Exercise goal: All that should appear is the line containing "by_first = record" and the lines after it in the records below, each reproduced exactly.

********

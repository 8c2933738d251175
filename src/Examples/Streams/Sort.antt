-- ===== src/Examples/Streams/Sort.antt =====
-- Three rows sorted by their first column, in descending order.
use incresql.Prelude.{refl, arith, none, List, [], ◌∷◌, map, length, ◌<◌, ◌^◌}
use incresql.Prelude.Int.{pos}
use incresql.Data.Datum.{integer, ref_clone}
use incresql.Encoding.Datums.{as_sortable_bytes, push_tag}
use incresql.Encoding.Signed.{write_varint_signed, write_signed_value, neg_i64}
use incresql.Encoding.Signed.I32.{write_i32}
use incresql.Encoding.Bytes.{push, bit_not}
use incresql.Encoding.SortOrder.{is_desc}
use incresql.Prelude.Int.{neg_ℤ}
use incresql.Data.DataType.{integer_type}
use incresql.Data.TupleIter.{Row, Yields}
use incresql.Encoding.SortOrder.{desc}
use incresql.Functions.Boolean.Law.{connectives}
use incresql.Ast.Expr.{compiled_column_reference}
use incresql.Executor.Scalar.{eval_scalar}
use incresql.Ast.Expr.{SortExpression}
use incresql.Executor.PointInTime.Sort.{sort_executor, new_sort}
use incresql.Executor.PointInTime.Sort.Order.{Ordered}
use incresql.Executor.PointInTime.Sort.Form.{Keyed, keys_form, datums_form}
use incresql.Executor.PointInTime.Sort.Buffer.{form, forms}
use incresql.Executor.PointInTime.Sort.Rows.{sort_executor-Yields, NotAfter, stored_row}
use incresql.Examples.Sample.{sample_externals, sample_codec}
use incresql.Examples.Streams.{list_iter, list_iter-Yields}
use mathlib.Core.List.{Perm}

abbrev by_first : List (SortExpression (connectives sample_externals))
by_first = record { ordering = desc; expression = compiled_column_reference 0 integer_type } ∷ []

abbrev keyed : List (Keyed sample_externals)
keyed =
    ((integer (pos 3) ∷ [], pos 1), integer (pos 3) ∷ [])
    ∷ ((integer (pos 9) ∷ [], pos 2), integer (pos 9) ∷ [])
    ∷ ((integer (pos 5) ∷ [], pos 1), integer (pos 5) ∷ [])
    ∷ []

abbrev rows : List (Row sample_externals)
rows =
    (integer (pos 3) ∷ [], pos 1)
    ∷ (integer (pos 9) ∷ [], pos 2)
    ∷ (integer (pos 5) ∷ [], pos 1)
    ∷ []

fits :
    length (forms (connectives sample_externals) sample_codec list_iter by_first 1 keyed) < 2 ^ 32
unfolding forms form keys_form datums_form as_sortable_bytes write_i32 write_varint_signed
    write_signed_value neg_i64 neg_ℤ is_desc push_tag push bit_not
fits = omega arith

sort_executor-Yields_example :
    (sorted : List (Keyed sample_externals)) × Perm sorted keyed
    × Ordered (NotAfter (connectives sample_externals) sample_codec list_iter by_first 1) sorted
    × Yields
        (sort_executor (connectives sample_externals) sample_codec list_iter by_first 4)
        (new_sort (connectives sample_externals) sample_codec list_iter by_first (none, rows) 1)
        (map (stored_row (connectives sample_externals) sample_codec list_iter by_first 1) sorted)
unfolding eval_scalar ref_clone
sort_executor-Yields_example =
    sort_executor-Yields (connectives sample_externals) sample_codec list_iter by_first 1 4
      (none, rows) keyed (omega arith) (list_iter-Yields none rows)
      (
        ((refl, tt), (omega arith, tt), (omega arith, tt), omega arith, refl),
        (
          ((refl, tt), (omega arith, tt), (omega arith, tt), omega arith, refl),
          (((refl, tt), (omega arith, tt), (omega arith, tt), omega arith, refl), tt),
        ),
      )
      fits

********

Response area:
by_first = record { ordering = desc; expression = compiled_column_reference 0 integer_type } ∷ []

abbrev keyed : List (Keyed sample_externals)
keyed =
    ((integer (pos 3) ∷ [], pos 1), integer (pos 3) ∷ [])
    ∷ ((integer (pos 9) ∷ [], pos 2), integer (pos 9) ∷ [])
    ∷ ((integer (pos 5) ∷ [], pos 1), integer (pos 5) ∷ [])
    ∷ []

abbrev rows : List (Row sample_externals)
rows =
    (integer (pos 3) ∷ [], pos 1)
    ∷ (integer (pos 9) ∷ [], pos 2)
    ∷ (integer (pos 5) ∷ [], pos 1)
    ∷ []

fits :
    length (forms (connectives sample_externals) sample_codec list_iter by_first 1 keyed) < 2 ^ 32
unfolding forms form keys_form datums_form as_sortable_bytes write_i32 write_varint_signed
    write_signed_value neg_i64 neg_ℤ is_desc push_tag push bit_not
fits = omega arith

sort_executor-Yields_example :
    (sorted : List (Keyed sample_externals)) × Perm sorted keyed
    × Ordered (NotAfter (connectives sample_externals) sample_codec list_iter by_first 1) sorted
    × Yields
        (sort_executor (connectives sample_externals) sample_codec list_iter by_first 4)
        (new_sort (connectives sample_externals) sample_codec list_iter by_first (none, rows) 1)
        (map (stored_row (connectives sample_externals) sample_codec list_iter by_first 1) sorted)
unfolding eval_scalar ref_clone
sort_executor-Yields_example =
    sort_executor-Yields (connectives sample_externals) sample_codec list_iter by_first 1 4
      (none, rows) keyed (omega arith) (list_iter-Yields none rows)
      (
        ((refl, tt), (omega arith, tt), (omega arith, tt), omega arith, refl),
        (
          ((refl, tt), (omega arith, tt), (omega arith, tt), omega arith, refl),
          (((refl, tt), (omega arith, tt), (omega arith, tt), omega arith, refl), tt),
        ),
      )
      fits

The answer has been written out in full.